Wie schon angesprochen, habe ich nun vor, das Wasser klarer zu bekommen. Seit ein paar Jahren ist der Teich mit jedem Jahr etwas trüber geworden. Die Sicht liegt mittlerweile höchstens noch bei 30 cm Wassertiefe. Außerdem habe ich in diesem Jahr seit längerem wieder mal Algen. Keine Fadenalgen, sondern ganz kleines körniges und flockiges Zeug. Nicht in Mengen, die mir die Haare hochtreiben, aber es sieht halt lausig aus.
Mir ist klar, daß die Fische zumindestens in dieser Hinsicht ein wesentlicher Verursacher sind. Ich will also zusehen, daß die alle weiter bei mir herumrudern können, ich aber mal wieder den Teichgrund sehen und vor allen Dingen ein paar Schwimmzüge tun kann.

Bei der Anlage des Teiches haben wir einen Platz für einen Filter schon vorgesehen. Aufgrund der örtlichen Gegebenheiten konnte der betonierte Kasten nicht in idealer Form erstellt werden, sondern hat mehr oder weniger die Form eines Tortenstückes.
Aus diesem Grund möchte ich den Filter auch selbst bauen. Ich habe mir alle möglichen Fertigfilter angesehen. Allerdings habe ich keinen gefunden, der eine ausreichende Filterleistung erwarten läßt und in den komischen Kasten paßt. Die meisten Filterbehälter sind entweder zu hoch oder ich bekomme nicht genug Behälter untergebracht.
So bin ich auf die Idee gekommen, einen Hängepatronenfilter in Schwerkraftversion selbst zu bauen.

Die Holzterasse am Teich besteht aus einzelnen Elementen, die ich in diesem Jahr mit Scharnieren versehen habe, damit man auch mal an den Kasten drankommt.

  

Der Schacht ist einen guten Meter tief.

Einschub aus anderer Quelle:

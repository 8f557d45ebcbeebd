-- ===== src/UtcDateTime.antt =====
-- src/BSON/UTCDateTime.c: a number of milliseconds since the epoch, a signed 64-bit integer.
--
-- The engine's functions are in `Engine`. A sum or product of `int64_t` wraps around, as the
-- compilers have it that the extension is built with; C leaves it undefined.
pub mod Dates
pub mod Remade
pub mod Tests
use dotdeb_php_mongodb.Prelude.{
  ℕ, ◌+◌, ◌-◌, ◌*◌, ◌/◌, ◌%◌, suc, ℤ, pos, negsuc, pos_part, neg_part, sub_ℕ, ltb_ℤ, ◌==ℤ◌, ltb,
  length, Bytes, codes, Bool, true, false, Option, none, some, ◌∷◌, if◌then◌else◌,
}
use dotdeb_php_mongodb.Errors.{Fault, invalid_argument, throw}
use dotdeb_php_mongodb.Php.{name, Zval, Table, empty, entry}
use dotdeb_php_mongodb.Php.Hash.{find}
use dotdeb_php_mongodb.Double.{Double, from_int, multiply, divide, add, half, floor}

-- `php_phongo_utcdatetime_t`.
pub record UtcDateTime : Type 0 where
  pub initialized : Bool
  pub milliseconds : ℤ

-- What the extension reads and writes of a `php_date_obj`: `time->sse`, the seconds since the epoch,
-- and `time->f`, a fraction of a second.
pub record DateTime : Type 0 where
  pub sse : ℤ
  pub f : Double

-- `strtoll` is `bson_ascii_strtoll` where it takes the whole text and leaves `errno` alone;
-- `print_i64` and `print_double` are `snprintf` with the formats of an `int64_t` and, for the double
-- rounded towards 0, with `%.0f`; `time_of_day` is what `gettimeofday` sets. `date_of` is the date
-- of an instance of DateTimeInterface; `date_initialize` the seconds that `php_date_initialize` gets
-- from a text.
pub record Engine : Type 0 where
  pub strtoll : Bytes → Option ℤ
  pub print_i64 : ℤ → Bytes
  pub print_double : ℕ → Bytes
  pub time_of_day : ℤ × ℤ
  pub date_of : Zval → Option DateTime
  pub date_initialize : Bytes → ℤ

-- An integer as `int64_t` holds it.
abbrev pub to_i64 : ℤ → ℤ
to_i64 (pos n) =
    let m = n % 18446744073709551616 in
    if ltb m 9223372036854775808 then pos m else negsuc (18446744073709551615 - m)
to_i64 (negsuc n) =
    let m = n % 18446744073709551616 in
    if ltb m 9223372036854775808 then negsuc m else pos (18446744073709551615 - m)

-- `/` and `%` of C by 1000, which round towards 0.
abbrev pub quotient : ℤ → ℤ
quotient (pos n) = pos (n / 1000)
quotient (negsuc n) = sub_ℕ 0 (suc n / 1000)

abbrev pub remainder : ℤ → ℤ
remainder (pos n) = pos (n % 1000)
remainder (negsuc n) = sub_ℕ 0 (suc n % 1000)

-- `(sec * 1000) + (usec / 1000)`.
abbrev pub from_parts : ℤ → ℤ → ℤ
from_parts sec usec = to_i64 (
    sub_ℕ (pos_part sec * 1000 + pos_part (quotient usec))
      (neg_part sec * 1000 + neg_part (quotient usec)))

-- `(int64_t) floor (f * 1000000 + 0.5)`.
abbrev pub microseconds : Double → ℤ
microseconds f = floor (add (multiply f (from_int (pos 1000000))) half)

-- `(double) n / 1000`.
abbrev pub fraction : ℤ → Double
fraction n = divide (from_int n) (from_int (pos 1000))

-- `php_phongo_utcdatetime_init`.
abbrev pub utcdatetime_init : ℤ → UtcDateTime × Option Fault
utcdatetime_init milliseconds = (record { initialized = true; milliseconds = milliseconds }, none)

-- `php_phongo_utcdatetime_init_from_string`: the object after the call, and the exception if it
-- failed.
unfoldable pub init_from_number :
    (Bytes → Option ℤ) → UtcDateTime → Bytes → UtcDateTime × Option Fault
init_from_number strtoll intern s = elim (strtoll s) [
  | none ↦ (
    intern,
    some (throw invalid_argument "Error parsing \"%s\" as 64-bit integer for %s initialization"),
  )
  | some milliseconds ↦ utcdatetime_init milliseconds
]

-- The one field of a table, at the types that `php_phongo_utcdatetime_init_from_hash` asks for.
unfoldable pub init_from_field :
    (Bytes → Option ℤ) → UtcDateTime → Option Zval → UtcDateTime × Option Fault
unfolding init_from_number
init_from_field strtoll intern (some (Zval.long v)) = utcdatetime_init v
init_from_field strtoll intern (some (Zval.string s)) = init_from_number strtoll intern s
init_from_field strtoll intern _ = (
  intern,
  some (
      throw invalid_argument
        "%s initialization requires \"milliseconds\" integer or numeric string field"),
)

-- `php_phongo_utcdatetime_init_from_hash`, also behind `__set_state` and `unserialize`.
unfoldable pub utcdatetime_init_from_hash :
    (Bytes → Option ℤ) → UtcDateTime → Table → UtcDateTime × Option Fault
unfolding init_from_field
utcdatetime_init_from_hash strtoll intern props =
    init_from_field strtoll intern (find props (name (codes "milliseconds")))

-- `php_phongo_utcdatetime_init_from_current_time`.
abbrev pub init_from_current_time : Engine → UtcDateTime × Option Fault
init_from_current_time engine =
    utcdatetime_init (from_parts engine.time_of_day.0 engine.time_of_day.1)

-- `php_phongo_utcdatetime_init_from_date`.
unfoldable pub init_from_date : DateTime → UtcDateTime × Option Fault
init_from_date date = utcdatetime_init (from_parts date.sse (microseconds date.f))

-- What `UTCDateTime::__construct` does with an object.
unfoldable pub construct_from_object : UtcDateTime → Option DateTime → UtcDateTime × Option Fault
unfolding init_from_date
construct_from_object intern none =
    (intern, some (throw invalid_argument "Expected instance of DateTimeInterface, %s given"))
construct_from_object intern (some date) = init_from_date date

-- What `UTCDateTime::__construct` does with the text of a double, for which there are 24 bytes: a
-- longer text is cut off, and does not end at its length.
unfoldable pub construct_from_double : Engine → UtcDateTime → Bytes → UtcDateTime × Option Fault
unfolding init_from_number
construct_from_double engine intern tmp =
    if ltb (length tmp) 24 then init_from_number engine.strtoll intern tmp else (
      intern,
      some (throw invalid_argument "Error parsing \"%s\" as 64-bit integer for %s initialization"),
    )

-- `UTCDateTime::__construct`; `none` is no argument, or null.
unfoldable pub construct_utcdatetime :
    Engine → UtcDateTime → Option Zval → UtcDateTime × Option Fault
unfolding construct_from_object construct_from_double init_from_number
construct_utcdatetime engine intern none = init_from_current_time engine
construct_utcdatetime engine intern (some Zval.null) = init_from_current_time engine
construct_utcdatetime engine intern (some (Zval.object ce props r)) =
    construct_from_object intern (engine.date_of (Zval.object ce props r))
construct_utcdatetime engine intern (some (Zval.bson o)) =
    construct_from_object intern (engine.date_of (Zval.bson o))
construct_utcdatetime engine intern (some (Zval.long v)) = utcdatetime_init v
construct_utcdatetime engine intern (some (Zval.double d)) =
    construct_from_double engine intern (engine.print_double d)
construct_utcdatetime engine intern (some (Zval.string s)) =
    init_from_number engine.strtoll intern s
construct_utcdatetime engine intern (some _) =
    (intern, some (throw invalid_argument "Expected integer or string, %s given"))

-- `UTCDateTime::__toString`.
abbrev pub utcdatetime_to_string : Engine → UtcDateTime → Bytes
utcdatetime_to_string engine intern = engine.print_i64 intern.milliseconds

-- `UTCDateTime::toDateTime`.
unfoldable pub to_date_time : Engine → UtcDateTime → DateTime
to_date_time engine intern = record {
  sse = engine.date_initialize (b'@' ∷ engine.print_i64 (quotient intern.milliseconds));
  f = fraction (remainder intern.milliseconds);
}

-- `UTCDateTime::jsonSerialize`.
abbrev pub utcdatetime_json : Engine → UtcDateTime → Table
utcdatetime_json engine intern =
    entry (name (codes "$date"))
      (Zval.array (
        entry (name (codes "$numberLong")) (Zval.string (engine.print_i64 intern.milliseconds))
          empty))
      empty

-- `php_phongo_utcdatetime_get_properties` of an object that has been initialised, which is also the
-- array that `serialize` writes.
unfoldable pub utcdatetime_properties : Engine → UtcDateTime → Table
utcdatetime_properties engine intern =
    entry (name (codes "milliseconds")) (Zval.string (engine.print_i64 intern.milliseconds)) empty

-- `php_phongo_utcdatetime_compare_objects`.
unfoldable pub compare_utcdatetimes : UtcDateTime → UtcDateTime → ℤ
compare_utcdatetimes a b =
    if a.milliseconds ==ℤ b.milliseconds
    then pos 0
    else if ltb_ℤ a.milliseconds b.milliseconds
    then negsuc 0
    else pos 1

Tiefer habe ich es mit der Spitzhacke nicht geschafft weil der Untergrund ziemlich felsig ist. Ich habe verzinkte Stahlträger mit in die Betonsohle eingegossen, auf die ich meine Eigenbau-Behälter stellen will. ( Auf dem folgenden Bild ist die Fertigsohle noch nicht gegossen. Die Träger sind jetzt zur Hälfte einbetoniert )

 

Mein Plan sieht im Moment so aus, daß ich aus Edelstahlblechen vier Behälter schweißen will. 

 

Der erste Behälter ( in der Skizze unten ) stellt den Einlauf dar. Hier soll eine Vorabscheidung z.B. mit einem Bogensieb o.ä. stattfinden. Die beiden folgenden Behälter enthalten die Filterpatronen. Jeder Behälter bekommt oben einen Rahmen, der sechs Elemente mit je 10 hängenden Filterpatronen aufnimmt. Die Filterpatronen werden in Plexiglasplatten gehalten, diese werden über Niederhalter-Winkel im Rahmen fixiert.
Dadurch kann jedes Element zum Reinigen einzeln entnommen werden.
Beide Behälter nehmen somit insgesamt 120 Filterpatronen auf. Im Moment gehe ich davon aus, daß ich eine Patronenlänge von 60 cm hinbekomme. Ich muss ja mit der Plexiglasplatte nicht nur unterhalb des Wasserspiegels bleiben, sondern es muß darüber auch noch genügend Platz gegenüber dem durchschnittlichen Wasserspiegel für das gefilterte Wasser  bleiben, damit es in den letzten Behälter abfließen kann. Damit bekomme ich also etwa 70 Meter Filterpatronen zusammen. Das sollte für max. 75 Kubikmeter Wasser mit 100 Goldis ausreichen.
Der letzte Behälter nimmt eigentlich nur noch die Pumpe auf. Möglicherweise gibt es aber auch noch andere Möglichkeiten. Vielleicht sagt jemand was dazu.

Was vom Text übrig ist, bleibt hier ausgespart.